Sunday 1 December 2019

1800 Hours

Two things you should know before you read this:
  1. Tractors are serviced depending on the number of hours they’ve worked, not how many miles they’ve travelled. It makes sense when you think about it. 
  2. Dating a farmer means redefining dates. Between April and October we often have what we call Tractor Dates. 


Last May, we were on quite a straightforward Tractor Date on the farm. Since it was at home, there had been no complicated instructions involving the number of cattle grids to cross before getting to the right farm. And no broad window of when he might be finished the field next to the road so that I could hop in and join him. 

I have a pretty short memory when invited on Tractor Dates. I say, “yes!” immediately, having already forgotten that it involves him sitting in an armchair with its own suspension and me sitting on a moulded stool while holding on to a rail above my head as we go over bumpy ground or he changes direction without warning. We shout at each other over the noise of the engine and I hold my breath while he does anything involving machinery and blades (I’d rather not know). 

So, as usual I’d said yes with enthusiasm and we set off to a small field on the other side of the main road. I think we were spreading fertiliser although I can’t be entirely sure. It was the first Tractor Date we’d had in his new tractor (after he’d had a terrifying accident in the old one) so I was looking around at the strange warning stickers. (How many farmers had put their baby on the moulded stool before the manufacturers included a helpful sticker telling them not to?!). 

If I’d known the ribbing I would get every time we went out for the following six months ever I might have kept my mouth shut for the next two minutes. I’ve never been very good at editing my mouth at the speed my brain is rambling, though. 

“That’s a bit stupid,” said I, with a slightly mocking tone. “this sticker tells you what time the next service is but not the date.”

“What do you mean?” Ivie asked, distractedly, as he checked the trailer attached to the back of the tractor.  

“Look! It tells you it’s at six o’clock but not what date,” I replied, with a slightly more mocking tone, a definite case of rolling my eyes out loud. 

“It’s 1800 hours as in the tractor’s been running for 1800 hours. Not six o’clock in the evening!” 

“Don’t tell anyone you’re related to. And don’t tell any farmers!” I warned as I jumped down from the tractor and huffed my way back to the cottage. 



The following month, Ivie’s brother had a birthday party. We’d only been together about six or seven months and I hadn’t met most of the people that would be there. I was pretty nervous as there would be members of Ivie’s family there, including various cousins and their families. I was keen to make a good impression, not get too drunk, that kind of thing. 
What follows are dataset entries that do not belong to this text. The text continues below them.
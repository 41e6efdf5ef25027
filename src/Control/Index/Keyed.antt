-- ===== src/Control/Index/Keyed.antt =====
-- Dicts that index a list by a key of its elements.
use p4net.Base.{
  ◌≡◌, ◌≢◌, refl, sym, ◌∙◌, ◌↔◌, inl, inr, false, some, List, [], ◌∷◌, map, All, Distinct,
  Bool-cases, arith,
}
use p4net.Base.Dict.{
  Eq, Dict, lookup, contains, insert, lookup-insert, contains-insert, contains-lookup,
  insert-entry_All,
}
use p4net.Control.Index.{index_by}

module _ {A K : Type 0} ⦃e : Eq K⦄ (key : A → K) where
  -- A key that no element has is looked up below the elements.
  lookup-index_by_other :
      (k : K) (d : Dict K A) (xs : List A)
      → All (λ x. key x ≢ k) xs
      → lookup k (index_by key d xs) ≡ lookup k d
  unfolding index_by
  lookup-index_by_other k d [] h = refl
  lookup-index_by_other k d (x ∷ xs) h =
      let rest = lookup-index_by_other k (insert (key x) x d) xs h.1 in
      rest ∙ ground (arith, lookup-insert (key x) k x d, e.beq_iff (key x) k, h.0)

  others : (x : A) (xs : List A) → All (λ k. key x ≢ k) (map key xs) → All (λ y. key y ≢ key x) xs
  others x [] h = tt
  others x (y ∷ ys) h = (λ same. h.0 (sym same), others x ys h.1)

  -- Where all keys differ, every element is found under its key.
  pub lookup-index_by :
      (d : Dict K A) (xs : List A)
      → Distinct (map key xs)
      → All (λ x. lookup (key x) (index_by key d xs) ≡ some x) xs
  unfolding index_by
  lookup-index_by d [] h = tt
  lookup-index_by d (x ∷ xs) h = (
    lookup-index_by_other (key x) (insert (key x) x d) xs (others x xs h.0)
        ∙ ground (arith, lookup-insert (key x) (key x) x d, e.beq_iff (key x) (key x)),
    lookup-index_by (insert (key x) x d) xs h.1,
  )

  -- What is found is an element, under its own key.
  pub index_by-entry_All :
      (P : A → Type 0) (d : Dict K A) (xs : List A)
      → All (λ entry. (key entry.1 ≡ entry.0) × P entry.1) d
      → All P xs
      → All (λ entry. (key entry.1 ≡ entry.0) × P entry.1) (index_by key d xs)
  unfolding index_by
  index_by-entry_All P d [] h p = h
  index_by-entry_All P d (x ∷ xs) h p =
      index_by-entry_All P (insert (key x) x d) xs
        (insert-entry_All (λ entry. (key entry.1 ≡ entry.0) × P entry.1) (key x) x d (refl, p.0) h)
        p.1

  -- The keys that the dict lacks are the keys of no element.
  contains-index_by_others :
      (k : K) (d : Dict K A) (xs : List A)
      → contains k (index_by key d xs) ≡ false
      → All (λ x. key x ≢ k) xs × (contains k d ≡ false)
  unfolding index_by
  contains-index_by_others k d [] h = (tt, h)
  contains-index_by_others k d (x ∷ xs) h =
      let (others_differ, below) = contains-index_by_others k (insert (key x) x d) xs h in
      let inserted = sym (contains-insert (key x) k x d) ∙ below in
      (
        (ground (arith, inserted, e.beq_iff (key x) k), others_differ),
        ground (arith, inserted, e.beq_iff (key x) k),
      )

  pub contains-index_by_iff :
      (k : K) (xs : List A) → (contains k (index_by key [] xs) ≡ false) ↔ All (λ x. key x ≢ k) xs
  unfolding lookup
  contains-index_by_iff k xs = (
    λ h. (contains-index_by_others k [] xs h).0,
    λ h. elim (Bool-cases (contains k (index_by key [] xs))) [
      | inr absent ↦ absent
      | inl present ↦
          let (v, found) = contains-lookup k (index_by key [] xs) present in
          absurd (cc (found, lookup-index_by_other k [] xs h))
    ],
  )
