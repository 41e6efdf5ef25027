-- ===== src/Control/Index/PacketMetadata.antt =====
-- The controller packet metadata of src/p4net/control/p4info_index.py.
use p4net.Base.{
  ℕ, Bool, not, true, false, Option, none, some, List, [], ◌∷◌, pos, ok, ◌>>=◌, ◌>>◌, raise_if,
}
use p4net.Base.Text.{Text}
use p4net.Base.Dict.{Dict, lookup, insert, nat_eq, text_eq_instance}
use p4net.Builtins.Bytes.{from_bytes}
use p4net.Control.Codec.{Value, int, encode_value, canonicalize}
use p4net.Control.Index.{Param, PacketHeader, P4InfoIndex, no_such_field, Indexed, lift, index_by}
use p4net.Control.Index.MatchKeys.{known_names}
use p4net.Control.Index.ActionParams.{WireParam}

unfoldable pub schema_pairs : List Param → List (Text × ℕ)
schema_pairs [] = []
schema_pairs (m ∷ ms) = (m.name, m.bitwidth) ∷ schema_pairs ms

-- `packet_in_metadata_schema` and `packet_out_metadata_schema`, of their header.
unfoldable pub metadata_schema : Option PacketHeader → List (Text × ℕ)
metadata_schema none = []
metadata_schema (some header) = schema_pairs header.metadata

-- `metadata.get(m.name, 0)`
abbrev value_or_zero : Option Value → Value
value_or_zero none = int (pos 0)
value_or_zero (some v) = v

unfoldable pub encode_metadata : List Param → Dict Text Value → Indexed (List WireParam)
encode_metadata [] metadata = ok []
encode_metadata (m ∷ ms) metadata = do
  encoded ← lift (encode_value (value_or_zero (lookup m.name metadata)) m.bitwidth)
  rest ← encode_metadata ms metadata
  ok (record { param_id = m.id; value = canonicalize encoded } ∷ rest)

abbrev is_nil : {A : Type 0} → List A → Bool
is_nil [] = true
is_nil (x ∷ xs) = false

unfoldable pub encode_for_header : Option PacketHeader → Dict Text Value → Indexed (List WireParam)
encode_for_header none metadata = do raise_if (not (is_nil metadata)) no_such_field; ok []
encode_for_header (some header) metadata = do
  raise_if (not (known_names (index_by (λ m. m.name) [] header.metadata) metadata)) no_such_field
  encode_metadata header.metadata metadata

unfoldable pub encode_packet_out_metadata : P4InfoIndex → Dict Text Value → Indexed (List WireParam)
encode_packet_out_metadata index metadata = encode_for_header index.packet_out metadata

-- `{int(m.id): m for m in …}`
abbrev pub index_by_id : List Param → Dict ℕ Param
index_by_id ms = index_by (λ m. m.id) [] ms

-- A number that the schema lacks is dropped.
unfoldable pub decode_metadata : Dict ℕ Param → List WireParam → Dict Text ℕ → Dict Text ℕ
decode_metadata schema [] out = out
decode_metadata schema (pm ∷ pms) out =
    decode_metadata schema pms (elim (lookup pm.param_id schema) [
      | none ↦ out
      | some m ↦ insert m.name (from_bytes pm.value) out
    ])

unfoldable pub decode_for_header : Option PacketHeader → List WireParam → Dict Text ℕ
decode_for_header none metadata = []
decode_for_header (some header) metadata = decode_metadata (index_by_id header.metadata) metadata []

unfoldable pub decode_packet_in_metadata : P4InfoIndex → List WireParam → Dict Text ℕ
decode_packet_in_metadata index metadata = decode_for_header index.packet_in metadata
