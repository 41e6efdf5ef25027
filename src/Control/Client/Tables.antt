-- ===== src/Control/Client/Tables.antt =====
-- Table entries in src/p4net/control/client.py: insert, modify, delete, list and clear.
use p4net.Base.{
  ℕ, Bool, true, false, ◌&&◌, Option, none, some, List, [], ◌∷◌, ok, err, ◌>>=◌, require, pos, leb,
  ◌==◌, if◌then◌else◌, length,
}
use p4net.Base.Text.{Text}
use p4net.Base.Dict.{Dict, lookup, insert, nat_eq, text_eq_instance}
use p4net.Control.Codec.{Value, bytes, int, Arg, one, pair}
use p4net.Control.Index.{
  P4Info, Table, Action, Preamble, MatchField, Param, new_index, index_by, table_id, table_name,
  action_name, table_requires_priority,
}
use p4net.Control.Index.MatchKeys.{
  MatchForm, exact_form, lpm_form, ternary_form, range_form, optional_form, FieldMatch, Match,
  encode_match,
}
use p4net.Control.Index.ActionParams.{WireParam, WireAction, encode_action}
use p4net.Control.Index.PacketMetadata.{index_by_id}
use p4net.Control.Client.RpcErrors.{ClientError, encoding_error}
use p4net.Control.Client.{
  Client, Called, lift_index, require_connected_with_index, TableEntry, table_entity, Entity,
  UpdateType, insert_update, modify_update, delete_update, Update, WriteRequest, Stub,
  write_request, read_request, send_built, read_with,
}

-- An int from 1 to 2 ** 31 - 1, and no bool.
unfoldable pub valid_priority : Value → Option ℕ
valid_priority (int (pos n)) = if leb 1 n && leb n 2147483647 then some n else none
valid_priority _ = none

-- The priority that an entry carries: 0 where the table takes none.
unfoldable pub checked_priority : Bool → Option Value → Called ℕ
unfolding valid_priority
checked_priority true none = err encoding_error
checked_priority false none = ok 0
checked_priority false (some v) = err encoding_error
checked_priority true (some v) = require (valid_priority v) encoding_error

abbrev pub ActionCall : Type 0
ActionCall = Text × Option (Dict Text Value)

unfoldable pub encoded_action : P4Info → Option ActionCall → Called (Option WireAction)
encoded_action info none = ok none
encoded_action info (some (name, params)) = do
  wire ← lift_index (encode_action (new_index info) name params)
  ok (some wire)

-- The entry that `_write_entry` builds.
unfoldable pub built_entry :
    P4Info → Text → Match → Option ActionCall → Option Value → Called TableEntry
built_entry info table match action priority = do
  id ← lift_index (table_id (new_index info) table)
  needed ← lift_index (table_requires_priority (new_index info) table)
  p ← checked_priority needed priority
  fields ← lift_index (encode_match (new_index info) table match)
  wire ← encoded_action info action
  ok (record { table_id = id; match = fields; action = wire; priority = p })

abbrev pub one_update : UpdateType → TableEntry → List Update
one_update kind entry = record { kind = kind; entity = table_entity entry } ∷ []

unfoldable pub entry_request :
    Client → UpdateType → Text → Match → Option ActionCall → Option Value → Called WriteRequest
entry_request c kind table match action priority = do
  info ← require_connected_with_index c
  entry ← built_entry info table match action priority
  ok (write_request c (one_update kind entry))

-- An entry as `list_table_entries` returns it.
pub record Decoded : Type 0 where
  pub table : Text
  pub match : Match
  pub action : Option Text
  pub params : Dict Text (List ℕ)
  pub priority : Option ℕ

-- The first object of the id.
unfoldable pub of_id : {A : Type 0} → (A → Preamble) → ℕ → List A → Option A
of_id preamble id [] = none
of_id preamble id (x ∷ xs) = if (preamble x).id == id then some x else of_id preamble id xs

abbrev pub table_of_id : ℕ → List Table → Option Table
table_of_id id ts = of_id (λ t. t.preamble) id ts

abbrev pub action_of_id : ℕ → List Action → Option Action
action_of_id id xs = of_id (λ a. a.preamble) id xs

-- `{int(mf.id): mf for mf in table.match_fields}`
abbrev pub fields_by_id : List MatchField → Dict ℕ MatchField
fields_by_id mfs = index_by (λ mf. mf.id) [] mfs

unfoldable pub raw_form : MatchForm → Arg
raw_form (exact_form v) = one (bytes v)
raw_form (lpm_form v len) = pair (bytes v) (int (pos len))
raw_form (ternary_form v m) = pair (bytes v) (bytes m)
raw_form (range_form lo hi) = pair (bytes lo) (bytes hi)
raw_form (optional_form v) = one (bytes v)

-- A field that the table lacks is skipped.
unfoldable pub decoded_match : Dict ℕ MatchField → List FieldMatch → Match → Match
unfolding raw_form
decoded_match fields [] out = out
decoded_match fields (fm ∷ fms) out = decoded_match fields fms (elim (lookup fm.field_id fields) [
  | none ↦ out
  | some mf ↦ insert mf.name (raw_form fm.form) out
])

unfoldable pub decoded_params :
    Dict ℕ Param → List WireParam → Dict Text (List ℕ) → Dict Text (List ℕ)
decoded_params params [] out = out
decoded_params params (w ∷ ws) out =
    decoded_params params ws
      (elim (lookup w.param_id params) [ none ↦ out | some p ↦ insert p.name w.value out ])

unfoldable pub action_params : P4Info → WireAction → Dict Text (List ℕ)
action_params info w = elim (action_of_id w.action_id info.actions) [
  | none ↦ []
  | some a ↦ decoded_params (index_by_id a.params) w.params []
]

unfoldable pub decoded_action :
    P4Info → Option WireAction → Called (Option Text × Dict Text (List ℕ))
decoded_action info none = ok (none, [])
decoded_action info (some w) = do
  name ← lift_index (action_name (new_index info) w.action_id)
  ok (some name, action_params info w)

abbrev pub first_table : List Table → List MatchField
first_table [] = []
first_table (t ∷ ts) = t.match_fields

unfoldable pub match_fields_of_id : P4Info → ℕ → List MatchField
match_fields_of_id info id = elim (table_of_id id info.tables) [
  | none ↦ first_table info.tables
  | some t ↦ t.match_fields
]

unfoldable pub decode_table_entry : P4Info → TableEntry → Called Decoded
decode_table_entry info e = do
  name ← lift_index (table_name (new_index info) e.table_id)
  (action, params) ← decoded_action info e.action
  ok (record {
    table = name;
    match = decoded_match (fields_by_id (match_fields_of_id info e.table_id)) e.match [];
    action = action;
    params = params;
    priority = if e.priority == 0 then none else some e.priority;
  })

unfoldable pub decode_entities : P4Info → List Entity → Called (List Decoded)
decode_entities info [] = ok []
decode_entities info (table_entity e ∷ es) = do
  d ← decode_table_entry info e
  ds ← decode_entities info es
  ok (d ∷ ds)
decode_entities info (_ ∷ es) = decode_entities info es

-- The number of the table that is listed; 0 stands for all.
unfoldable pub listed_id : P4Info → Option Text → Called ℕ
listed_id info none = ok 0
listed_id info (some name) = lift_index (table_id (new_index info) name)

-- The deletions of `clear_table`, from the decoded entries.
unfoldable pub deletions : P4Info → Text → ℕ → List Decoded → Called (List Update)
deletions info table id [] = ok []
deletions info table id (d ∷ ds) = do
  fields ← lift_index (encode_match (new_index info) table d.match)
  rest ← deletions info table id ds
  ok (
      record {
        kind = delete_update;
        entity = table_entity (record {
          table_id = id;
          match = fields;
          action = none;
          priority = elim d.priority [ none ↦ 0 | some p ↦ p ];
        });
      }
      ∷ rest)

unfoldable pub clear_request : Client → P4Info → Text → List Decoded → Called WriteRequest
unfolding deletions
clear_request c info table entries = do
  id ← lift_index (table_id (new_index info) table)
  updates ← deletions info table id entries
  ok (write_request c updates)

module _ {S : Type 0} (stub : Stub S) where
  -- `_write_entry` of an insertion, a modification, or a deletion, which has no action.
  unfoldable pub write_entry :
      Client
      → UpdateType
      → Text
      → Match
      → Option ActionCall
      → Option Value
      → S
      → S × Called (Unit {0})
  write_entry c kind table match action priority s =
      send_built stub s (entry_request c kind table match action priority)

  unfoldable pub insert_table_entry :
      Client → Text → Match → ActionCall → Option Value → S → S × Called (Unit {0})
  insert_table_entry c table match action priority s =
      write_entry c insert_update table match (some action) priority s

  unfoldable pub modify_table_entry :
      Client → Text → Match → ActionCall → Option Value → S → S × Called (Unit {0})
  modify_table_entry c table match action priority s =
      write_entry c modify_update table match (some action) priority s

  unfoldable pub delete_table_entry :
      Client → Text → Match → Option Value → S → S × Called (Unit {0})
  delete_table_entry c table match priority s =
      write_entry c delete_update table match none priority s

  abbrev whole_table : ℕ → TableEntry
  whole_table id = record { table_id = id; match = []; action = none; priority = 0 }

  abbrev pub failed : {A : Type 0} → S → ClientError → S × Called A
  failed s e = (s, err e)

  abbrev list_from : Client → P4Info → Called ℕ → S → S × Called (List Decoded)
  list_from c info (err e) s = failed s e
  list_from c info (ok id) s =
      read_with stub (decode_entities info) s (read_request c (table_entity (whole_table id)))

  unfoldable pub list_table_entries : Client → Option Text → S → S × Called (List Decoded)
  unfolding listed_id
  list_table_entries c table s = elim (require_connected_with_index c) [
    | err e ↦ failed s e
    | ok info ↦ list_from c info (listed_id info table) s
  ]

  abbrev counted : ℕ → S × Called (Unit {0}) → S × Called ℕ
  counted n (s, ok _) = (s, ok n)
  counted n (s, err e) = (s, err e)

  -- `clear_table` from the listed entries on.
  abbrev clear_listed : Client → P4Info → Text → S × Called (List Decoded) → S × Called ℕ
  clear_listed c info table (s, err e) = failed s e
  clear_listed c info table (s, ok []) = (s, ok 0)
  clear_listed c info table (s, ok (d ∷ ds)) =
      counted (length (d ∷ ds)) (send_built stub s (clear_request c info table (d ∷ ds)))

  unfoldable pub clear_table : Client → Text → S → S × Called ℕ
  unfolding clear_request
  clear_table c table s = elim (require_connected_with_index c) [
    | err e ↦ failed s e
    | ok info ↦ clear_listed c info table (list_table_entries c (some table) s)
  ]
I steeled myself and walked down to the big house where there was already a small crowd of people who’ve known each other since before they could walk. I recognised a couple of friendly faces from a Burns Supper a few months before and wandered across via the gin. 

“Hey Blondie!” this voice shouted from across the garden, “I hear you’re pretty good with a 24-hour clock!” There was a guffaw that suggested that Ivie had told both people he was related to and farmers (which in a lot of cases is the same thing). The only thing for it was to keep wandering via the gin.